Thanks for the suggestion.


----------



## binkie99 (Mar 13, 2012)

Now I can no longer bring up the monitor menu. Now when I push menu the Auto Adjustment in Progress pops up. Could using an earlier recovery date and running it possibly help?

It seems to be getting worse with more and more pop ups. I fear I may have to buy a new monitor.


----------



## Corday (Mar 3, 2010)

Manually set the resolution back to where it was before resetting.


----------



## binkie99 (Mar 13, 2012)

I tried that. It didn't help.

I really appreciate your efforts!


----------



## binkie99 (Mar 13, 2012)

I still have the original drivers that came with the monitor. Could it help if I put that in. The monitor must be at least 8 years old.


----------



## Corday (Mar 3, 2010)

Try with them. Monitor driver updates are usually for technical reasons not associated with security issues.


----------



## binkie99 (Mar 13, 2012)

Thanks for all your help, Corday. My computer is only 6 months old and since the old drivers may not work properly and cause other problems, I've decided to get a new monitor for Christmas.

Thanks again,

Binkie


----------



## Corday (Mar 3, 2010)

Depending on what you want to spend, there are some great monitors out there.
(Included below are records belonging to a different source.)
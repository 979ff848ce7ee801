-- ===== src/Str/Utf8/Reads.antt =====
-- Reading the bytes of a text.
use apex_os_rv.Prelude.{
  ℕ, ◌+◌, ◌-◌, ◌*◌, ◌/◌, ◌%◌, ◌≤◌, ◌<◌, ◌≡◌, refl, ap, ◌∙◌, List, [], ◌∷◌, ◌++◌, append_assoc, Text,
  ltb, lt→ltb, ltb_of_le, ltb→lt, Bool-cases, inl, inr, All, arith,
}
use apex_os_rv.Str.Utf8.{encode_char, bytes, decode_from, decode}

-- `char` is a scalar value, at most the last code point.
abbrev pub IsScalar : ℕ → Type 0
IsScalar c = c < 1114112

decode-single : (c : ℕ) (s : List ℕ) → c < 128 → decode (c ∷ s) ≡ c ∷ decode s
unfolding decode_from
decode-single c s h = rw (lt→ltb c 128 h) refl

decode-double :
    (b b1 : ℕ) (s : List ℕ)
    → 128 ≤ b
    → b < 224
    → decode (b ∷ b1 ∷ s) ≡ ((b - 192) * 64 + (b1 - 128)) ∷ decode s
unfolding decode_from
decode-double b b1 s h k = rw (ltb_of_le b 128 h, lt→ltb b 224 k) refl

decode-triple :
    (b b1 b2 : ℕ) (s : List ℕ)
    → 224 ≤ b
    → b < 240
    → decode (b ∷ b1 ∷ b2 ∷ s) ≡ (((b - 224) * 64 + (b1 - 128)) * 64 + (b2 - 128)) ∷ decode s
unfolding decode_from
decode-triple b b1 b2 s h k =
    rw (ltb_of_le b 128 (omega arith), ltb_of_le b 224 h, lt→ltb b 240 k) refl

decode-fourfold :
    (b b1 b2 b3 : ℕ) (s : List ℕ)
    → 240 ≤ b
    → decode (b ∷ b1 ∷ b2 ∷ b3 ∷ s)
      ≡ ((((b - 240) * 64 + (b1 - 128)) * 64 + (b2 - 128)) * 64 + (b3 - 128)) ∷ decode s
unfolding decode_from
decode-fourfold b b1 b2 b3 s h =
    rw (ltb_of_le b 128 (omega arith), ltb_of_le b 224 (omega arith), ltb_of_le b 240 h) refl

decode-encode_char : (c : ℕ) (s : List ℕ) → IsScalar c → decode (encode_char c ++ s) ≡ c ∷ decode s
unfolding encode_char
decode-encode_char c s h = elim (Bool-cases (ltb c 128)) [
  | inl one ↦ rw one (decode-single c s (ltb→lt c 128 one))
  | inr more ↦ elim (Bool-cases (ltb c 2048)) [
    | inl two ↦
        rw (more, two)
          (decode-double (192 + c / 64) (128 + c % 64) s (omega arith)
              (omega (arith, ltb→lt c 2048 two))
            ∙ ap (λ k. k ∷ decode s) (omega (arith, ltb→lt c 2048 two)))
    | inr more' ↦ elim (Bool-cases (ltb c 65536)) [
      | inl three ↦
          rw (more, more', three)
            (decode-triple (224 + c / 4096) (128 + c / 64 % 64) (128 + c % 64) s (omega arith)
                (omega (arith, ltb→lt c 65536 three))
              ∙ ap (λ k. k ∷ decode s) (omega (arith, ltb→lt c 65536 three)))
      | inr four ↦
          rw (more, more', four)
            (decode-fourfold (240 + c / 262144) (128 + c / 4096 % 64) (128 + c / 64 % 64)
                (128 + c % 64) s (omega arith)
              ∙ ap (λ k. k ∷ decode s) (omega arith))
    ]
  ]
]

-- A text of scalar values is read back from its bytes, with what stands behind them.
pub decode-bytes : (t : Text) (s : List ℕ) → All IsScalar t → decode (bytes t ++ s) ≡ t ++ decode s
unfolding bytes
decode-bytes [] s h = refl
decode-bytes (c ∷ t) s (h, hs) =
    ap decode (append_assoc (encode_char c) (bytes t) s)
    ∙ decode-encode_char c (bytes t ++ s) h
    ∙ ap (λ r. c ∷ r) (decode-bytes t s hs)
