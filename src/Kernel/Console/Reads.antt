-- ===== src/Kernel/Console/Reads.antt =====
-- A host that reads the serial port by lines.
use apex_os_rv.Prelude.{
  All-append, append-nil, arith, ℕ, ◌≡◌, refl, ap, sym, ◌∙◌, List, [], ◌∷◌, ◌++◌, append_assoc,
  Text, eqb_ne, All,
}
use apex_os_rv.Str.Lines.{newline, IsOneLine}
use apex_os_rv.Str.Decimal.{onto_first, split}
use apex_os_rv.Str.Utf8.{encode_char, bytes, decode}
use apex_os_rv.Str.Utf8.Reads.{IsScalar, decode-bytes}
use apex_os_rv.Kernel.Uart.{write_str, read_line, read_line-write_str, write_str-append}
use apex_os_rv.Str.Utf8.{decode_from}
use apex_os_rv.Kernel.Console.{println_bytes, serial}

-- The lines on the port; the last one is what stands behind the last line feed.
unfoldable pub read_lines : List ℕ → List Text
read_lines port = split newline (decode (read_line port))

-- A text that `println!` puts on a line of its own.
abbrev pub IsLine : Text → Type 0
IsLine t = All IsScalar t × IsOneLine t

-- The text of the lines, each with its line feed.
unlines : List Text → Text
unlines [] = []
unlines (t ∷ ts) = t ++ newline ∷ unlines ts

bytes-append : (s t : Text) → bytes (s ++ t) ≡ bytes s ++ bytes t
unfolding bytes
bytes-append [] t = refl
bytes-append (c ∷ s) t =
    ap (λ r. encode_char c ++ r) (bytes-append s t)
    ∙ sym (append_assoc (encode_char c) (bytes s) (bytes t))

serial-unlines : (ts : List Text) → serial ts ≡ write_str (bytes (unlines ts))
unfolding serial println_bytes unlines write_str bytes
serial-unlines [] = refl
serial-unlines (t ∷ ts) =
    ap (λ r. println_bytes t ++ r) (serial-unlines ts)
    ∙ sym (write_str-append (bytes (t ++ newline ∷ [])) (bytes (unlines ts)))
    ∙ ap write_str (
        sym (bytes-append (t ++ newline ∷ []) (unlines ts))
        ∙ ap bytes (append_assoc t (newline ∷ []) (unlines ts)))

unlines-All : (ts : List Text) → All IsLine ts → All IsScalar (unlines ts)
unfolding unlines
unlines-All [] h = tt
unlines-All (t ∷ ts) ((scalar, _), h) =
    All-append IsScalar t (newline ∷ unlines ts) scalar (omega arith, unlines-All ts h)

split-line :
    (t rest : Text) → IsOneLine t → split newline (t ++ newline ∷ rest) ≡ t ∷ split newline rest
unfolding split
split-line [] rest h = refl
split-line (c ∷ t) rest (h, hs) = rw (eqb_ne c newline h) (ap (onto_first c) (split-line t rest hs))

split-unlines : (ts : List Text) → All IsLine ts → split newline (unlines ts) ≡ ts ++ [] ∷ []
unfolding unlines split
split-unlines [] h = refl
split-unlines (t ∷ ts) ((_, one), h) =
    split-line t (unlines ts) one ∙ ap (λ r. t ∷ r) (split-unlines ts h)

decode-unlines : (ts : List Text) → All IsLine ts → decode (bytes (unlines ts)) ≡ unlines ts
unfolding decode_from
decode-unlines ts h =
    ap decode (sym (append-nil (bytes (unlines ts))))
    ∙ decode-bytes (unlines ts) [] (unlines-All ts h)
    ∙ append-nil (unlines ts)

-- Lines of scalar values without a line feed are read from the port as they were printed, and
-- nothing stands behind the last one.
pub read_lines-serial : (ts : List Text) → All IsLine ts → read_lines (serial ts) ≡ ts ++ [] ∷ []
unfolding read_lines
read_lines-serial ts h =
    ap (λ port. split newline (decode (read_line port))) (serial-unlines ts)
    ∙ ap (λ s. split newline (decode s)) (read_line-write_str (bytes (unlines ts)))
    ∙ ap (split newline) (decode-unlines ts h)
    ∙ split-unlines ts h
Touch screen if you feel you need it.


----------



## binkie99 (Mar 13, 2012)

I'm going to do some research on the different monitors first. Admittedly, I am a computer illiterate and don't want to spend a whole lot. Just a good solid monitor with a good reputation for function without a lot of problems. Don't know what the difference is between a back lit screen and others and have spend time learning what would be best.

Happy Holidays to you and yours,

Binkie


----------